WORK ITEM:
Search term "skip": copy each line of the records that contains it.

Stored items:
-- ===== src/Syscalls.antt =====
-- kern/syscall.c: the system calls. The one lock is held throughout, so a system call is one step.
-- Writing debug output replies success and does nothing else here.
pub mod Replies
mod Tests
use untitled_bare_metal.Base.{ℕ, not, ◌&&◌, ◌==◌, if◌then◌else◌}
use untitled_bare_metal.Sys.{
  cap_notification, cap_endpoint, invalid_capability, invalid_syscall, no_error, sys_exit,
  sys_debug_write, sys_yield, sys_reply, sys_call, sys_send, sys_nbsend, sys_recv, sys_nbrecv,
  sys_replyrecv,
}
use untitled_bare_metal.Tag.{
  MessageTag, msg_ok, msg_err, msg_noreturn, msg_is_noreturn, message_info_from_word,
}
use untitled_bare_metal.Kernel.{K, pure, ◌>>=◌, ◌>>◌, get, skip}
use untitled_bare_metal.CNode.{with_slot, lookup_cap_slot}
use untitled_bare_metal.Threads.{cspace_root, kill_tcb, schedule, set_ipc_result}
use untitled_bare_metal.Endpoints.{
  invoke_endpoint_send, invoke_endpoint_nbsend, invoke_endpoint_recv, invoke_endpoint_nbrecv,
  invoke_endpoint_call, invoke_reply, invoke_reply_recv,
}
use untitled_bare_metal.Signals.{invoke_notification_send, invoke_notification_recv}
use untitled_bare_metal.IoPorts.{Ports}
use untitled_bare_metal.Dispatch.Devices.{dispatch_method}

module _ (fuel : ℕ) (ports : Ports) (tcb_set_name : (slot name len : ℕ) → K MessageTag) where
  -- The system calls on the capability in a slot.
  unfoldable pub op_on_slot : (slot syscall_number : ℕ) → MessageTag → K MessageTag
  unfolding dispatch_method invoke_endpoint_call invoke_notification_send invoke_endpoint_send
      invoke_endpoint_nbsend invoke_notification_recv invoke_endpoint_recv invoke_endpoint_nbrecv
      invoke_reply_recv
  op_on_slot slot syscall_number info = do
    k ← get
    let type = (k.cte slot).cap.type
    if syscall_number == sys_call
        then (if not (type == cap_endpoint)
            then dispatch_method fuel ports tcb_set_name slot info
            else (do invoke_endpoint_call slot info; pure msg_noreturn))
        else if syscall_number == sys_send
        then (if not (type == cap_notification) && not (type == cap_endpoint)
            then pure (msg_err invalid_capability 0)
            else if type == cap_notification
            then (do _ ← invoke_notification_send slot; pure msg_noreturn)
            else (do invoke_endpoint_send slot info; pure msg_noreturn))
        else if syscall_number == sys_nbsend
        then (if not (type == cap_endpoint)
            then pure (msg_err invalid_capability 0)
            else (do invoke_endpoint_nbsend slot info; pure msg_noreturn))
        else if syscall_number == sys_recv
        then (if not (type == cap_notification) && not (type == cap_endpoint)
            then pure (msg_err invalid_capability 0)
            else if type == cap_notification
            then invoke_notification_recv slot
            else invoke_endpoint_recv slot)
        else if syscall_number == sys_nbrecv
        then (if not (type == cap_endpoint)
            then pure (msg_err invalid_capability 0)
            else invoke_endpoint_nbrecv slot)
        else if syscall_number == sys_replyrecv
        then (if not (type == cap_endpoint)
            then pure (msg_err invalid_capability 0)
            else invoke_reply_recv slot info)
        else pure (msg_err invalid_syscall 0)

  unfoldable pub op_syscall : (a0 a1 syscall_number : ℕ) → K MessageTag
  unfolding message_info_from_word kill_tcb schedule invoke_reply lookup_cap_slot op_on_slot
  op_syscall a0 a1 syscall_number = do
    k ← get
    let info = message_info_from_word a1
    if syscall_number == sys_exit
        then (do kill_tcb k.current_tcb; schedule; pure msg_noreturn)
        else if syscall_number == sys_debug_write
        then pure (msg_ok 0)
        else if syscall_number == sys_yield
        then (do schedule; pure msg_noreturn)
        else if syscall_number == sys_reply
        then (do invoke_reply info; pure info)
        else with_slot (cspace_root k.current_tcb) a0 64 λ slot. op_on_slot slot syscall_number info

  unfoldable pub do_syscall : (a0 a1 syscall_number : ℕ) → K (Unit {0})
  unfolding op_syscall msg_is_noreturn set_ipc_result
  do_syscall a0 a1 syscall_number = do
    tag ← op_syscall a0 a1 syscall_number
    k ← get
    if not (msg_is_noreturn tag) then set_ipc_result k.current_tcb tag else skip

RESPONSE TO THIS EXERCISE:
use untitled_bare_metal.Kernel.{K, pure, ◌>>=◌, ◌>>◌, get, skip}
    if not (msg_is_noreturn tag) then set_ipc_result k.current_tcb tag else skip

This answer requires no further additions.